> _YOUR ASSIGNMENT_: Find "pub untold : (sq.last == sq.tail) ≡ false" and "ring = sq_update-IsRing sq v.ring;" in the records below. Copy the lines holding them and every line between, exactly, and no others.

DATA TO PROCESS Block Start

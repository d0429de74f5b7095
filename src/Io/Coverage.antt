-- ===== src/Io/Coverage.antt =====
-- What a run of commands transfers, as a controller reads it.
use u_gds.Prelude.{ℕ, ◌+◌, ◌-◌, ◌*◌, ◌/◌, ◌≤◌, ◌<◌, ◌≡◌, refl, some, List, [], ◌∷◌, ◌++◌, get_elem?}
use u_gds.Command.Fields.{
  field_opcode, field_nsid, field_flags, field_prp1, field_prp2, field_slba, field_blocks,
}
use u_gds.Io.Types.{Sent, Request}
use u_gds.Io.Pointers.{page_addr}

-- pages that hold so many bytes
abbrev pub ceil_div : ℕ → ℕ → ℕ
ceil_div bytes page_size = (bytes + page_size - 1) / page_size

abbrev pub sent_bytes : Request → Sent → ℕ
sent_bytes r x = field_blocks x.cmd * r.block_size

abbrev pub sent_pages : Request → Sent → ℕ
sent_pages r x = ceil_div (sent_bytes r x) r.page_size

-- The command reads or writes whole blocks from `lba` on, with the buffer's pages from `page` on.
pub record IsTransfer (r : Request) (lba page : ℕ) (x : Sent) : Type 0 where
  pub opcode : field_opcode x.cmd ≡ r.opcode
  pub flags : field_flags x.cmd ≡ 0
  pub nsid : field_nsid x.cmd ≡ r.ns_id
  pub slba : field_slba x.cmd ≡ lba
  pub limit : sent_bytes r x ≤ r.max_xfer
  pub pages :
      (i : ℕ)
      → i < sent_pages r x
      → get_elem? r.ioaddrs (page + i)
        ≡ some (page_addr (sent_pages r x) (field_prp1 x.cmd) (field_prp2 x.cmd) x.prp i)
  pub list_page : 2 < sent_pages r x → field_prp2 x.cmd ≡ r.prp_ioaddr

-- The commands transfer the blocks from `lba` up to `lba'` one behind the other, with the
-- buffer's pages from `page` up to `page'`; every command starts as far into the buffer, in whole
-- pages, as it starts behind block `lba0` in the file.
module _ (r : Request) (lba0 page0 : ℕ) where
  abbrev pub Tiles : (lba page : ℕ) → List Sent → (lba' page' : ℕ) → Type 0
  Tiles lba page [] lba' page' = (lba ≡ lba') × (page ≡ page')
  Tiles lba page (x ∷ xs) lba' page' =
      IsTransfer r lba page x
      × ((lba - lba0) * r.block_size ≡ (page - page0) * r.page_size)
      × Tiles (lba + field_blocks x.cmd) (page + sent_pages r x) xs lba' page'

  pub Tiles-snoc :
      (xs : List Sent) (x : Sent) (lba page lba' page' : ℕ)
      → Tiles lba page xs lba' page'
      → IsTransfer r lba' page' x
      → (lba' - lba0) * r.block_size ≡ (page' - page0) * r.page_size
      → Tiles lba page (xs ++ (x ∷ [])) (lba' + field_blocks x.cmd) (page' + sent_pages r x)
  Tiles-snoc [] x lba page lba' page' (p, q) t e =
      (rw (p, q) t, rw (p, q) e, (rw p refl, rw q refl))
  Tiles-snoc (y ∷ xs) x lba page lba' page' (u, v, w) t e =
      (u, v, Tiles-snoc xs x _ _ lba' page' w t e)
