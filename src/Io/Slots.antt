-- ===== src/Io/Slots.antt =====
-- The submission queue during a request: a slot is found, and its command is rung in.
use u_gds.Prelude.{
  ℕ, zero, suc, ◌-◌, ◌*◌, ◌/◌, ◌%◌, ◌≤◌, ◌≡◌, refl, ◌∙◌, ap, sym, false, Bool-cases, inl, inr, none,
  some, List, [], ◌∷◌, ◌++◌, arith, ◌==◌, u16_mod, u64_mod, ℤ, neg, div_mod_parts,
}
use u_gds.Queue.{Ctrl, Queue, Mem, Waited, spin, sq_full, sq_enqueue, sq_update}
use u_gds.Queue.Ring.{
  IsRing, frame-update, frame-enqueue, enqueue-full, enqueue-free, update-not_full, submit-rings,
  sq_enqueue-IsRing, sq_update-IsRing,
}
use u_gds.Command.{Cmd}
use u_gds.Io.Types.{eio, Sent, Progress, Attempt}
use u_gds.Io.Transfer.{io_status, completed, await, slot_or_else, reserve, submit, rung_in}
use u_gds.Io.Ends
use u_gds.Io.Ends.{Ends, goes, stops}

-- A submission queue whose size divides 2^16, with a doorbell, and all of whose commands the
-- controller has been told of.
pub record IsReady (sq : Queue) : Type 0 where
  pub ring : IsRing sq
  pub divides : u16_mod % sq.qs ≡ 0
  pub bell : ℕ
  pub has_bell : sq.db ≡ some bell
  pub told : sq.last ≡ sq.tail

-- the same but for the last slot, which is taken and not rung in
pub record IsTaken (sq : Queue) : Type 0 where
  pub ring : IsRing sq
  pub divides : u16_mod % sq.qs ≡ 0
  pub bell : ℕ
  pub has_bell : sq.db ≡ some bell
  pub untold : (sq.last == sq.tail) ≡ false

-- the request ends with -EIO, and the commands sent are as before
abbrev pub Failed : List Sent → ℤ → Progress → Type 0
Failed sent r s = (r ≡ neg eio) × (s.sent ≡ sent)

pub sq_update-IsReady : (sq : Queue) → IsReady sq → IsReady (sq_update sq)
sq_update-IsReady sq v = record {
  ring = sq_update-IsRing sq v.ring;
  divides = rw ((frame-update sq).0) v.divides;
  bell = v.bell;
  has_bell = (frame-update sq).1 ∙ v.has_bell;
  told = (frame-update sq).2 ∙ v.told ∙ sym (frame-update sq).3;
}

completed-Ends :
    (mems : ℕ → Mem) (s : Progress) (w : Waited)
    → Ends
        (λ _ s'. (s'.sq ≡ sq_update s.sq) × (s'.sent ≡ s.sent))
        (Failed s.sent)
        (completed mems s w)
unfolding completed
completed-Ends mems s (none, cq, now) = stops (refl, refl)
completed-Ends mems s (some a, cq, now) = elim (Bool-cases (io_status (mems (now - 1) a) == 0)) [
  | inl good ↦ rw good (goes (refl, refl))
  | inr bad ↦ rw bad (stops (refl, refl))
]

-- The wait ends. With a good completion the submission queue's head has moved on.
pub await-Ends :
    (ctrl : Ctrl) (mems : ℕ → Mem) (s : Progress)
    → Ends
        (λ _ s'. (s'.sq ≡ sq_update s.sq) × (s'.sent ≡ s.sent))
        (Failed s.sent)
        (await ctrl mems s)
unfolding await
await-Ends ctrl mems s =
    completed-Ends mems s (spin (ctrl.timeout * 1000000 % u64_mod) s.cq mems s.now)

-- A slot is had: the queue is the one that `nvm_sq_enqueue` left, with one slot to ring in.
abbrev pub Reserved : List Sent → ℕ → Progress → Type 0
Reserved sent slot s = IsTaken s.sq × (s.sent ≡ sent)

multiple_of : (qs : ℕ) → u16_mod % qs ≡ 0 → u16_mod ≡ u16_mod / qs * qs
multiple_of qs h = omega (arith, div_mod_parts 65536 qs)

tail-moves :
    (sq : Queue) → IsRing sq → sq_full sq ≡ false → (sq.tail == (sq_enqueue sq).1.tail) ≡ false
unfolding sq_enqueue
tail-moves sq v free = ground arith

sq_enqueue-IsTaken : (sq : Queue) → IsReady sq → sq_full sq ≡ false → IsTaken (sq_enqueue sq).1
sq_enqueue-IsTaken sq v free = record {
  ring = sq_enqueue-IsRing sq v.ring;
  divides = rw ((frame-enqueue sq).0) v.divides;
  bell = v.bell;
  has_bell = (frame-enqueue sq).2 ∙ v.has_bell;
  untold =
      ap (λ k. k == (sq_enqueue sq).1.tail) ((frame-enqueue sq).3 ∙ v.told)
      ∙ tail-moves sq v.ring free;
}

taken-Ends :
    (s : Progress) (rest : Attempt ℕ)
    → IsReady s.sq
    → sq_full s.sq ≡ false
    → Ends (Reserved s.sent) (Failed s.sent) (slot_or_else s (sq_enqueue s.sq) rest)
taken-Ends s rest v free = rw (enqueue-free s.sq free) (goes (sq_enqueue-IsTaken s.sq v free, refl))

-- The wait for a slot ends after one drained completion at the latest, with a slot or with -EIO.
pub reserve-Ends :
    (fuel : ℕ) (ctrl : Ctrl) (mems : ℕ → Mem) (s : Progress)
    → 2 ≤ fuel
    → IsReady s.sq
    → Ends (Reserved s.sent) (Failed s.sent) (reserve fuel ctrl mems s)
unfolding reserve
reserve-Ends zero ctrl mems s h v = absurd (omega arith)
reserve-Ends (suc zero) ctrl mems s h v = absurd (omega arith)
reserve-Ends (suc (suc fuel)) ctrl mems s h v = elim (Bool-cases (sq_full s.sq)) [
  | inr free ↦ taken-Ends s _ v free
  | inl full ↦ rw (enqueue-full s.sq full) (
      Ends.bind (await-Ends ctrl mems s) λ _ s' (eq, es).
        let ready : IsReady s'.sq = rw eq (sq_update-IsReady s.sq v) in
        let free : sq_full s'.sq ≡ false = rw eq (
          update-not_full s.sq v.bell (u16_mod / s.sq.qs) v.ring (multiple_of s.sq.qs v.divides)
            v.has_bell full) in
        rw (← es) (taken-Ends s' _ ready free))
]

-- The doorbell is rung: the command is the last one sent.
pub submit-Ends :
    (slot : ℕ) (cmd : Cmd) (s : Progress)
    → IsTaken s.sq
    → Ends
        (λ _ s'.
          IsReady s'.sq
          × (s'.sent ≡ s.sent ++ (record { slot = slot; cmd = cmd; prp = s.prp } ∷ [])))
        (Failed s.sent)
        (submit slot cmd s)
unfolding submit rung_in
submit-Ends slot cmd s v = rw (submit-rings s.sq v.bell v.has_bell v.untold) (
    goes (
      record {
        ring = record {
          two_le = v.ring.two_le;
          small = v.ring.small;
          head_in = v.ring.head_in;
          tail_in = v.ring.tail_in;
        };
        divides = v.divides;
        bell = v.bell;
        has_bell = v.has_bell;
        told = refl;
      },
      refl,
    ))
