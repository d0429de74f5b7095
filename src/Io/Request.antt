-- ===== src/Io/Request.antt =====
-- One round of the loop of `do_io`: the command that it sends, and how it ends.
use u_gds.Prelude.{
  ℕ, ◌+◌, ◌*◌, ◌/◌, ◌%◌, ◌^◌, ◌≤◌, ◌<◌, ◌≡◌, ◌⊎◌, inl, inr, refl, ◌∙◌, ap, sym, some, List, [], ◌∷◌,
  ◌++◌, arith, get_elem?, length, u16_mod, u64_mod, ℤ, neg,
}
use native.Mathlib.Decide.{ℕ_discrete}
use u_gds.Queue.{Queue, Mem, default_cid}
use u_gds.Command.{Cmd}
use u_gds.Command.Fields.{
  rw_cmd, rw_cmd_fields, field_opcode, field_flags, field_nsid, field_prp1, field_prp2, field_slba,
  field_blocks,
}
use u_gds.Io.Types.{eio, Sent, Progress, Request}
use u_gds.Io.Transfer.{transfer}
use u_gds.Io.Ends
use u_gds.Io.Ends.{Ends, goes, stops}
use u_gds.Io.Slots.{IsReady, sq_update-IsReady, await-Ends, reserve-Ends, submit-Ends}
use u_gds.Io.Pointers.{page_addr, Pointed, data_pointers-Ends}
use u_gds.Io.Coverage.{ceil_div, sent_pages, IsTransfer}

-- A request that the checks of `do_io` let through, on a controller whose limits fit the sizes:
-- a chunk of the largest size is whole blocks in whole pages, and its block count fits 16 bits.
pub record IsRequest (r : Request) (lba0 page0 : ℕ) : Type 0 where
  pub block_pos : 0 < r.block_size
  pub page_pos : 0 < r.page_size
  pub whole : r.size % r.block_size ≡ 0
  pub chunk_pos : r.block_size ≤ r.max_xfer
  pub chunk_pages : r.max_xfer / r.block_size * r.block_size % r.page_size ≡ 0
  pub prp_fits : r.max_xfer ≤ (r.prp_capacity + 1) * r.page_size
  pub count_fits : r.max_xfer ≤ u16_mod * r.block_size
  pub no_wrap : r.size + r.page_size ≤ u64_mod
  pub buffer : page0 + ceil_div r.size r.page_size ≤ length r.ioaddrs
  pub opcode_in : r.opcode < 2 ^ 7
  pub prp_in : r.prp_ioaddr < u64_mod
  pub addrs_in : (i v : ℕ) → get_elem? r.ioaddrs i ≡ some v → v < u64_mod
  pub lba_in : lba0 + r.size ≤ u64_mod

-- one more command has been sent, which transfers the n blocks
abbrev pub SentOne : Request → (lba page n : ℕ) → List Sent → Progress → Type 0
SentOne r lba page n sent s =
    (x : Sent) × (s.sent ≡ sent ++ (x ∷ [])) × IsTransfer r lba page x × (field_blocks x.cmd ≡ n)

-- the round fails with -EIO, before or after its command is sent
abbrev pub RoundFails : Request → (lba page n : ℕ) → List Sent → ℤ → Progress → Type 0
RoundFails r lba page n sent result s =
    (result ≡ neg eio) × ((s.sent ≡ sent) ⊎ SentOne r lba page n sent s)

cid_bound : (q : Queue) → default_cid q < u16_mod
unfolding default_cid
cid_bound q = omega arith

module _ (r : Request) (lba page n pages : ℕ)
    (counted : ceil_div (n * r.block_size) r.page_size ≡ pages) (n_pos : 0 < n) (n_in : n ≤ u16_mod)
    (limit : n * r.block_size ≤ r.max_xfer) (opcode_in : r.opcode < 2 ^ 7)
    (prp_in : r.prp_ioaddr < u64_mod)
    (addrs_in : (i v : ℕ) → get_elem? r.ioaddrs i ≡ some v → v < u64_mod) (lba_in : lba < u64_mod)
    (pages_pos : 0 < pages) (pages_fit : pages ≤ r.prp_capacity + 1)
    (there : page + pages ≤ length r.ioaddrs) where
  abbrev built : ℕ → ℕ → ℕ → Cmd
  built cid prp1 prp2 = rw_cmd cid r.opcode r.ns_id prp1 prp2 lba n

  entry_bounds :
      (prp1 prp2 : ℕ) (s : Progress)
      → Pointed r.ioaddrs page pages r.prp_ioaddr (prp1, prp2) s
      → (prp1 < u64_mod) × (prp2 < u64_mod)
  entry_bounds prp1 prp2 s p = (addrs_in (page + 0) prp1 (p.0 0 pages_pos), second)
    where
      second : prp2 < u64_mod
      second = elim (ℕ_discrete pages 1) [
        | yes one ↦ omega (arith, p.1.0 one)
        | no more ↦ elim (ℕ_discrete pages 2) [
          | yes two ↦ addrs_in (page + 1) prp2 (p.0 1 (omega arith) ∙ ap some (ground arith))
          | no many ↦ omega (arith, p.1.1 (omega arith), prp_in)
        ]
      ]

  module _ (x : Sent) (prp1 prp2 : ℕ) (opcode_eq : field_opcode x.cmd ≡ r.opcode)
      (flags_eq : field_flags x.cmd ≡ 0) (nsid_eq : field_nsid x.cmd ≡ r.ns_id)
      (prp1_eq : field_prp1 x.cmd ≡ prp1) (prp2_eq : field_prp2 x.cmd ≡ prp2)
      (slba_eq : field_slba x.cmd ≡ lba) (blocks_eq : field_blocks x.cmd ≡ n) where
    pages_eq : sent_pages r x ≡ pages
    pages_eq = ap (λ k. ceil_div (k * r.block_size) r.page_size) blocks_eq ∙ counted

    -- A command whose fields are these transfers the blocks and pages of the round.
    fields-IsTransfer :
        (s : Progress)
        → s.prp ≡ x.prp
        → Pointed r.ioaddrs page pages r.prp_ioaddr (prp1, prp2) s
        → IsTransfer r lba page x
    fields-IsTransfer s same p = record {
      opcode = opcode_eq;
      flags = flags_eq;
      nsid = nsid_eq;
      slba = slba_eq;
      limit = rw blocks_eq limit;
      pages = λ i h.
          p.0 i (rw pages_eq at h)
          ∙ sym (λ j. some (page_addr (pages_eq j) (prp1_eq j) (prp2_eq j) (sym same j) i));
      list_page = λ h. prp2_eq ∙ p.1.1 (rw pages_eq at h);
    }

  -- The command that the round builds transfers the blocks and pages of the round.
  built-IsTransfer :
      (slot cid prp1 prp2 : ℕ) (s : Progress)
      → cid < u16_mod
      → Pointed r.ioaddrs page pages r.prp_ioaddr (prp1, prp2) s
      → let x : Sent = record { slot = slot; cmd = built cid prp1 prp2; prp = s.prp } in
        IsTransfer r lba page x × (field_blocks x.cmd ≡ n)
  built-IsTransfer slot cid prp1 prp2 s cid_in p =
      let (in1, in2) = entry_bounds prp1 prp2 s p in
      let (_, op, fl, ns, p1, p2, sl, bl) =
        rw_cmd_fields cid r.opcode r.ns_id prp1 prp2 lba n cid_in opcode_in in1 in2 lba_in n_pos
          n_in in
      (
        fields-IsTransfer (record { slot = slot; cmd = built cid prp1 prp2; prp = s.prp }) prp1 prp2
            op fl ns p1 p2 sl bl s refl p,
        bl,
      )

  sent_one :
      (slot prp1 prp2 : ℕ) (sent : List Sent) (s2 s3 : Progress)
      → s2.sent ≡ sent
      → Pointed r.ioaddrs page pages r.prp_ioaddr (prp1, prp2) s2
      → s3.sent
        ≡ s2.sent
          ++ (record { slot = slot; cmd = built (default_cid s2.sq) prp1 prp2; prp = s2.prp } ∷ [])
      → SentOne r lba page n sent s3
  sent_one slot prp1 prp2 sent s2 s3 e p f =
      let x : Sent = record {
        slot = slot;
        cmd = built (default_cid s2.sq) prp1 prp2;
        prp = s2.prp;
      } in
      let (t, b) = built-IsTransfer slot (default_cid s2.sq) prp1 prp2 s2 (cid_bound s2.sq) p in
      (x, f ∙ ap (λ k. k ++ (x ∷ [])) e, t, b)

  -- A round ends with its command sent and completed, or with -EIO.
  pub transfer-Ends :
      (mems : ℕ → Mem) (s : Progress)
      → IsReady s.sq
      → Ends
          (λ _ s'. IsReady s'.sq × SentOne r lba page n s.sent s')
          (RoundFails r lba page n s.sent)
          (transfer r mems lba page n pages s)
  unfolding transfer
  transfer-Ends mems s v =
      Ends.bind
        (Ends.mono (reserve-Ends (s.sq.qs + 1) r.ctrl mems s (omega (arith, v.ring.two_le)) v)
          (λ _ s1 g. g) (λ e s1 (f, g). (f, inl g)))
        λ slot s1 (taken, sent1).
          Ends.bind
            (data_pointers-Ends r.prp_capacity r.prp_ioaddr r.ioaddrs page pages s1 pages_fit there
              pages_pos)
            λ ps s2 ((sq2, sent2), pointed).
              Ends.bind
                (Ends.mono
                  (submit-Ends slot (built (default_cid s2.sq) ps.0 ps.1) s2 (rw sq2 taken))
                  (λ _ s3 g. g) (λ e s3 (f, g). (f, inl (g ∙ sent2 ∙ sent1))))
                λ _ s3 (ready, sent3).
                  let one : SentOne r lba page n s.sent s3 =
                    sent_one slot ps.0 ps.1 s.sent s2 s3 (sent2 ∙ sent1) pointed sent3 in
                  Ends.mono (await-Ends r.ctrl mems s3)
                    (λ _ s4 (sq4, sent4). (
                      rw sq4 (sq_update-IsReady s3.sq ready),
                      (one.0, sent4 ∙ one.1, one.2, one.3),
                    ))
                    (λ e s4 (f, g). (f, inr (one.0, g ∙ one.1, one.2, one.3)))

DATA TO PROCESS Block End

> _FINISHED EXERCISE_:
  pub untold : (sq.last == sq.tail) ≡ false

-- the request ends with -EIO, and the commands sent are as before
abbrev pub Failed : List Sent → ℤ → Progress → Type 0
Failed sent r s = (r ≡ neg eio) × (s.sent ≡ sent)

pub sq_update-IsReady : (sq : Queue) → IsReady sq → IsReady (sq_update sq)
sq_update-IsReady sq v = record {
  ring = sq_update-IsRing sq v.ring;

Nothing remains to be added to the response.